Stored data:
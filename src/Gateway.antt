-- ===== src/Gateway.antt =====
-- The HTTP gateway (gateway/): middleware, handlers behind circuit breakers, and the translation of
-- gRPC errors into HTTP responses.
pub mod Response
pub mod Breaker
pub mod Handlers
pub mod Middleware
pub mod Routes
pub mod Replies
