-- ===== src/Tests/Lpt.antt =====
-- A ParallelVdm device that shows Select, and the theorems about the table of Windows NT.
use libieee.Common.{List, [], is_neg, pos, refl, ℕ, ◌∷◌, ◌≡◌}
use libieee.Io.{io_pins}
use libieee.Io.Registers.{pins_of}
use libieee.Lpt.{NtHost, lpt_pins}
use libieee.Lpt.Lines.{LineOp, do_ops, frob_lines, lines_after, read_control-same, write_lines}
use libieee.Port.Machine.{Machine, Table}
use libieee.Port.Returns.{Returns}
use libieee.Port.Run.{◌>>◌}
use libieee.Tests.Sim.{sample, sample_port, sim_clock, sim_host, sim_rounds}

abbrev nt_host : NtHost ℕ
nt_host = record {
  clock = sim_clock;
  create_file = λ name w. (pos 3, w);
  is_invalid_handle = is_neg;
  close_handle = λ fd w. w;
  device_io_control = λ fd code bytes w. (0x90, w);
}

abbrev nt_sample : Machine ℕ
nt_sample = record sample { port = record sample_port { fn = Table.lpt_access_methods } }

-- A write that asks for the reverse direction too, and a frob of one line.
abbrev two_ops : List LineOp
two_ops = write_lines 0x2c ∷ frob_lines 0x02 0x02 ∷ []

read_control-same_example :
    Returns
      (λ r _. r ≡ pos (lines_after (pins_of 0x0c) two_ops))
      ((do do_ops (io_pins sim_host sim_rounds) two_ops; (io_pins sim_host sim_rounds).read_control)
        sample)
    × Returns
        (λ r _. r ≡ pos (lines_after (pins_of 0x0c) two_ops))
        ((do
          do_ops (lpt_pins nt_host sim_rounds) two_ops
          (lpt_pins nt_host sim_rounds).read_control)
          nt_sample)
read_control-same_example =
    read_control-same sim_host nt_host sim_rounds two_ops sample nt_sample refl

» Aim of the task
All of the records above should be copied exactly.

» Finished exercise
filename src/Gateway.antt
-- ===== src/Gateway.antt =====
-- The HTTP gateway (gateway/): middleware, handlers behind circuit breakers, and the translation of
-- gRPC errors into HTTP responses.
pub mod Response
pub mod Breaker
pub mod Handlers
pub mod Middleware
pub mod Routes
pub mod Replies
-- ===== src/Tests/Lpt.antt =====
-- A ParallelVdm device that shows Select, and the theorems about the table of Windows NT.
use libieee.Common.{List, [], is_neg, pos, refl, ℕ, ◌∷◌, ◌≡◌}
use libieee.Io.{io_pins}
use libieee.Io.Registers.{pins_of}
use libieee.Lpt.{NtHost, lpt_pins}
use libieee.Lpt.Lines.{LineOp, do_ops, frob_lines, lines_after, read_control-same, write_lines}
use libieee.Port.Machine.{Machine, Table}
use libieee.Port.Returns.{Returns}
use libieee.Port.Run.{◌>>◌}
use libieee.Tests.Sim.{sample, sample_port, sim_clock, sim_host, sim_rounds}

abbrev nt_host : NtHost ℕ
nt_host = record {
  clock = sim_clock;
  create_file = λ name w. (pos 3, w);
  is_invalid_handle = is_neg;
  close_handle = λ fd w. w;
  device_io_control = λ fd code bytes w. (0x90, w);
}

abbrev nt_sample : Machine ℕ
nt_sample = record sample { port = record sample_port { fn = Table.lpt_access_methods } }

-- A write that asks for the reverse direction too, and a frob of one line.
abbrev two_ops : List LineOp
two_ops = write_lines 0x2c ∷ frob_lines 0x02 0x02 ∷ []

read_control-same_example :
    Returns
      (λ r _. r ≡ pos (lines_after (pins_of 0x0c) two_ops))
      ((do do_ops (io_pins sim_host sim_rounds) two_ops; (io_pins sim_host sim_rounds).read_control)
        sample)
    × Returns
        (λ r _. r ≡ pos (lines_after (pins_of 0x0c) two_ops))
        ((do
          do_ops (lpt_pins nt_host sim_rounds) two_ops
          (lpt_pins nt_host sim_rounds).read_control)
          nt_sample)
read_control-same_example =
    read_control-same sim_host nt_host sim_rounds two_ops sample nt_sample refl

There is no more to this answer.